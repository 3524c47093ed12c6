-- ===== src/Idle/Monitors.antt =====
-- src/server/idle.c: the idle monitors, and the callback of their notifications.
use axctl_c.Prelude.{
  ℕ, Bool, true, false, not, ◌&&◌, ◌||◌, List, [], ◌∷◌, ◌++◌, Option, none, some, ◌==◌, leb,
  if◌then◌else◌, length, get_elem?, same_flag, set,
}
use axctl_c.Table.{find_first, update_first}
use axctl_c.Idle.State.{
  Monitor, Manager, Wayland, Request, get_notification, add_listener, destroy_notification, flush,
  Outcome, fail, max_monitors, next_u32,
}

-- The test of `find_monitor`.
abbrev pub is_monitor : ℕ → Monitor → Bool
is_monitor id mon = mon.id == id && not mon.deleted

unfoldable pub find_monitor : Manager → ℕ → Option Monitor
find_monitor im id = find_first (is_monitor id) im.monitors

-- `axctl_idle_monitor_state_t`, as the operations fill it in.
pub record MonitorState : Type 0 where
  pub id : ℕ
  pub enabled : Bool
  pub timeout_ms : ℕ
  pub respect_inhibitors : Bool
  pub is_idle : Bool

abbrev pub snapshot : Monitor → MonitorState
snapshot mon = record {
  id = mon.id;
  enabled = mon.enabled;
  timeout_ms = mon.timeout_ms;
  respect_inhibitors = mon.respect_inhibitors;
  is_idle = mon.is_idle;
}

-- `refresh_monitor`: the old notification goes first.
abbrev destroy_old : Monitor → List Request
destroy_old mon = elim mon.notification [ none ↦ [] | some p ↦ destroy_notification p ∷ [] ]

-- The part of `refresh_monitor` behind its guards.
renew_notification : Wayland → Monitor → Monitor
renew_notification w mon = record mon {
  manager = true;
  notification = w.get_idle_notification mon.timeout_ms;
}

renew_requests : Wayland → Monitor → List Request
renew_requests w mon = elim (w.get_idle_notification mon.timeout_ms) [
  | none ↦ []
  | some p ↦ get_notification p ∷ add_listener p ∷ flush ∷ []
]

unfoldable pub refresh_monitor : Wayland → Monitor → Monitor
unfolding renew_notification
refresh_monitor w mon =
    let dropped = record mon { notification = none } in
    if not mon.enabled
    then dropped
    else if not w.notifier || not w.seat
    then dropped
    else renew_notification w dropped

unfoldable pub refresh_monitor_requests : Wayland → Monitor → List Request
unfolding renew_requests
refresh_monitor_requests w mon =
    if not mon.enabled
    then destroy_old mon
    else if not w.notifier || not w.seat
    then destroy_old mon
    else destroy_old mon ++ renew_requests w mon

-- The slot that `axctl_idle_monitor_create` fills, before it is refreshed.
abbrev pub fresh_monitor : ℕ → ℕ → Bool → Bool → Monitor
fresh_monitor id timeout_ms respect_inhibitors enabled = record {
  id = id;
  timeout_ms = timeout_ms;
  respect_inhibitors = respect_inhibitors;
  enabled = enabled;
  is_idle = false;
  deleted = false;
  notification = none;
  manager = true;
  signaled = false;
}

unfoldable pub monitor_create : Wayland → Manager → ℕ → Bool → Bool → Outcome MonitorState
monitor_create w im timeout_ms respect_inhibitors enabled =
    if leb max_monitors (length im.monitors)
    then fail im
    else let id = next_u32 im.next_monitor_id in
      let mon = fresh_monitor id timeout_ms respect_inhibitors enabled in
      record {
        state = record im {
          monitors = im.monitors ++ refresh_monitor w mon ∷ [];
          next_monitor_id = id;
        };
        requests = refresh_monitor_requests w mon;
        result = some (snapshot (refresh_monitor w mon));
      }

-- The assignments of `axctl_idle_monitor_update`.
abbrev pub set_params : ℕ → Bool → Bool → Monitor → Monitor
set_params timeout_ms respect_inhibitors enabled mon = record mon {
  timeout_ms = timeout_ms;
  respect_inhibitors = respect_inhibitors;
  enabled = enabled;
}

unfoldable pub monitor_update : Wayland → Manager → ℕ → ℕ → Bool → Bool → Outcome MonitorState
unfolding find_monitor
monitor_update w im id timeout_ms respect_inhibitors enabled = elim (find_monitor im id) [
  | none ↦ fail im
  | some mon ↦
      let change =
        λ (m : Monitor). refresh_monitor w (set_params timeout_ms respect_inhibitors enabled m) in
      record {
        state = record im { monitors = update_first (is_monitor id) change im.monitors };
        requests =
            refresh_monitor_requests w (set_params timeout_ms respect_inhibitors enabled mon);
        result = some (snapshot (change mon));
      }
]

unfoldable pub monitor_get : Manager → ℕ → Option MonitorState
unfolding find_monitor
monitor_get im id = elim (find_monitor im id) [ none ↦ none | some mon ↦ some (snapshot mon) ]

abbrev pub retire_monitor : Monitor → Monitor
retire_monitor mon = record mon { notification = none; deleted = true; manager = false }

unfoldable pub monitor_destroy : Manager → ℕ → Outcome (Unit {0})
unfolding find_monitor
monitor_destroy im id = elim (find_monitor im id) [
  | none ↦ fail im
  | some mon ↦ record {
    state = record im { monitors = update_first (is_monitor id) retire_monitor im.monitors };
    requests = elim mon.notification [ none ↦ [] | some p ↦ destroy_notification p ∷ flush ∷ [] ];
    result = some tt;
  }
]

-- A call of the `on_changed` callback: the monitor's id, and the new state.
pub record Change : Type 0 where
  pub id : ℕ
  pub is_idle : Bool

-- What `set_monitor_idle` makes of the monitor.
unfoldable pub mark_idle : Bool → Monitor → Monitor
unfolding same_flag
mark_idle idle mon =
    if not mon.manager
    then mon
    else if same_flag mon.is_idle idle
    then mon
    else record mon { is_idle = idle; signaled = true }

-- The callbacks that it makes.
unfoldable pub idle_changes : Bool → Bool → Monitor → List Change
unfolding same_flag
idle_changes cb idle mon =
    if not mon.manager
    then []
    else if same_flag mon.is_idle idle
    then []
    else if cb
    then record { id = mon.id; is_idle = idle } ∷ []
    else []

-- `notification_idled` (`true`) and `notification_resumed` (`false`) on the slot at `i`.
unfoldable pub set_monitor_idle : Manager → ℕ → Bool → Manager × List Change
set_monitor_idle im i idle = elim (get_elem? im.monitors i) [
  | none ↦ (im, [])
  | some mon ↦ (
    record im { monitors = set im.monitors i (mark_idle idle mon) },
    idle_changes im.on_changed idle mon,
  )
]
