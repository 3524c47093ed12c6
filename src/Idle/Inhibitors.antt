-- ===== src/Idle/Inhibitors.antt =====
-- src/server/idle.c: the idle inhibitors, and the one behind the simple toggle.
use axctl_c.Prelude.{
  ℕ, Bool, true, false, not, ◌&&◌, ◌||◌, List, [], ◌∷◌, ◌++◌, Option, none, some, ◌==◌, ltb, leb,
  if◌then◌else◌, length, same_flag,
}
use axctl_c.Table.{find_first, update_first}
use axctl_c.Idle.State.{
  Inhibitor, Manager, Wayland, Request, make_surface, destroy_surface, make_inhibitor,
  destroy_inhibitor, flush, Outcome, fail, max_inhibitors, next_u32,
}

-- The test of `find_inhibitor`.
abbrev pub is_inhibitor : ℕ → Inhibitor → Bool
is_inhibitor id inh = inh.id == id && not inh.deleted

unfoldable pub find_inhibitor : Manager → ℕ → Option Inhibitor
find_inhibitor im id = find_first (is_inhibitor id) im.inhibitors

-- `axctl_idle_inhibitor_state_t`
pub record InhibitorState : Type 0 where
  pub id : ℕ
  pub enabled : Bool

abbrev pub state_of : Inhibitor → InhibitorState
state_of inh = record { id = inh.id; enabled = inh.enabled }

-- An inhibitor with the requests that brought it about.
pub record Refreshed : Type 0 where
  pub inh : Inhibitor
  pub requests : List Request

-- With the surface at hand: `zwp_idle_inhibit_manager_v1_create_inhibitor`.
attach : Wayland → Inhibitor → ℕ → List Request → Refreshed
attach w inh surface made = record {
  inh = record inh { surface = some surface; inhibitor = w.create_inhibitor surface };
  requests = made ++ elim (w.create_inhibitor surface) [
    | none ↦ flush ∷ []
    | some p ↦ make_inhibitor p ∷ flush ∷ []
  ];
}

-- The surface is made unless there is one.
with_surface : Wayland → Inhibitor → Refreshed
unfolding attach
with_surface w inh = elim inh.surface [
  | some surface ↦ attach w inh surface []
  | none ↦ elim w.create_surface [
    | none ↦ record { inh = inh; requests = [] }
    | some surface ↦ attach w inh surface (make_surface surface ∷ [])
  ]
]

drop_surface : Inhibitor → List Request
drop_surface inh = elim inh.surface [ none ↦ [] | some s ↦ destroy_surface s ∷ [] ]

-- `refresh_inhibitor`
unfoldable pub refresh_inhibitor : Wayland → Inhibitor → Refreshed
unfolding with_surface drop_surface
refresh_inhibitor w inh = elim inh.inhibitor [
  | none ↦
      if inh.enabled
      then (if not w.inhibit_manager || not w.compositor
          then record { inh = inh; requests = [] }
          else with_surface w inh)
      else record { inh = inh; requests = [] }
  | some p ↦
      if not inh.enabled
      then record {
        inh = record inh { inhibitor = none; surface = none };
        requests = destroy_inhibitor p ∷ (drop_surface inh ++ flush ∷ []);
      }
      else record { inh = inh; requests = [] }
]

abbrev pub fresh_inhibitor : ℕ → Bool → Inhibitor
fresh_inhibitor id enabled = record {
  id = id;
  enabled = enabled;
  deleted = false;
  surface = none;
  inhibitor = none;
}

-- The first part of `axctl_idle_inhibit`: the number of the toggle's inhibitor is taken, also when
-- the table has no slot for it.
unfoldable pub ensure_legacy : Manager → Manager
ensure_legacy im =
    let id = next_u32 im.next_inhibitor_id in
    if im.legacy_inhibitor_id == 0
    then record im {
      next_inhibitor_id = id;
      legacy_inhibitor_id = id;
      inhibitors =
          if ltb (length im.inhibitors) max_inhibitors
          then im.inhibitors ++ fresh_inhibitor id false ∷ []
          else im.inhibitors;
    }
    else im

-- `inh->enabled = on; refresh_inhibitor(im, inh)` on the slot with this number.
unfoldable pub set_enabled : Wayland → Manager → ℕ → Bool → Manager
set_enabled w im id on = record im {
  inhibitors =
      update_first (is_inhibitor id)
        (λ inh. (refresh_inhibitor w (record inh { enabled = on })).inh) im.inhibitors;
}

-- The second part, on the state that the first part leaves.
unfoldable pub inhibit_found : Wayland → Manager → Bool → Outcome (Unit {0})
unfolding find_inhibitor same_flag
inhibit_found w im on = elim (find_inhibitor im im.legacy_inhibitor_id) [
  | none ↦ fail im
  | some inh ↦
      if same_flag inh.enabled on
      then record { state = im; requests = []; result = some tt }
      else record {
        state = set_enabled w im im.legacy_inhibitor_id on;
        requests = (refresh_inhibitor w (record inh { enabled = on })).requests;
        result = some tt;
      }
]

unfoldable pub inhibit : Wayland → Manager → Bool → Outcome (Unit {0})
inhibit w im on = inhibit_found w (ensure_legacy im) on

unfoldable pub is_inhibited : Manager → Bool
unfolding find_inhibitor
is_inhibited im =
    if im.legacy_inhibitor_id == 0
    then false
    else elim (find_inhibitor im im.legacy_inhibitor_id) [ none ↦ false | some inh ↦ inh.enabled ]

unfoldable pub inhibitor_create : Wayland → Manager → Bool → Outcome InhibitorState
inhibitor_create w im enabled =
    if leb max_inhibitors (length im.inhibitors)
    then fail im
    else let id = next_u32 im.next_inhibitor_id in
      let fresh = refresh_inhibitor w (fresh_inhibitor id enabled) in
      record {
        state = record im { inhibitors = im.inhibitors ++ fresh.inh ∷ []; next_inhibitor_id = id };
        requests = fresh.requests;
        result = some (state_of fresh.inh);
      }

unfoldable pub inhibitor_set : Wayland → Manager → ℕ → Bool → Outcome InhibitorState
unfolding find_inhibitor
inhibitor_set w im id enabled = elim (find_inhibitor im id) [
  | none ↦ fail im
  | some inh ↦
      let changed = refresh_inhibitor w (record inh { enabled = enabled }) in
      record {
        state = set_enabled w im id enabled;
        requests = changed.requests;
        result = some (state_of changed.inh);
      }
]

unfoldable pub inhibitor_get : Manager → ℕ → Option InhibitorState
unfolding find_inhibitor
inhibitor_get im id = elim (find_inhibitor im id) [ none ↦ none | some inh ↦ some (state_of inh) ]

abbrev pub retire_inhibitor : Inhibitor → Inhibitor
retire_inhibitor inh = record inh { inhibitor = none; surface = none; deleted = true }

abbrev drop_inhibitor : Inhibitor → List Request
drop_inhibitor inh = elim inh.inhibitor [ none ↦ [] | some p ↦ destroy_inhibitor p ∷ [] ]

unfoldable pub inhibitor_destroy : Manager → ℕ → Outcome (Unit {0})
unfolding find_inhibitor drop_surface
inhibitor_destroy im id = elim (find_inhibitor im id) [
  | none ↦ fail im
  | some inh ↦ record {
    state = record im {
      inhibitors = update_first (is_inhibitor id) retire_inhibitor im.inhibitors;
      legacy_inhibitor_id = if im.legacy_inhibitor_id == id then 0 else im.legacy_inhibitor_id;
    };
    requests = drop_inhibitor inh ++ (drop_surface inh ++ flush ∷ []);
    result = some tt;
  }
]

> _What the task requires_: Copy each line of the listing that holds the word "MonitorState".

> _Written reply_:
pub record MonitorState : Type 0 where
abbrev pub snapshot : Monitor → MonitorState
unfoldable pub monitor_create : Wayland → Manager → ℕ → Bool → Bool → Outcome MonitorState
unfoldable pub monitor_update : Wayland → Manager → ℕ → ℕ → Bool → Bool → Outcome MonitorState
unfoldable pub monitor_get : Manager → ℕ → Option MonitorState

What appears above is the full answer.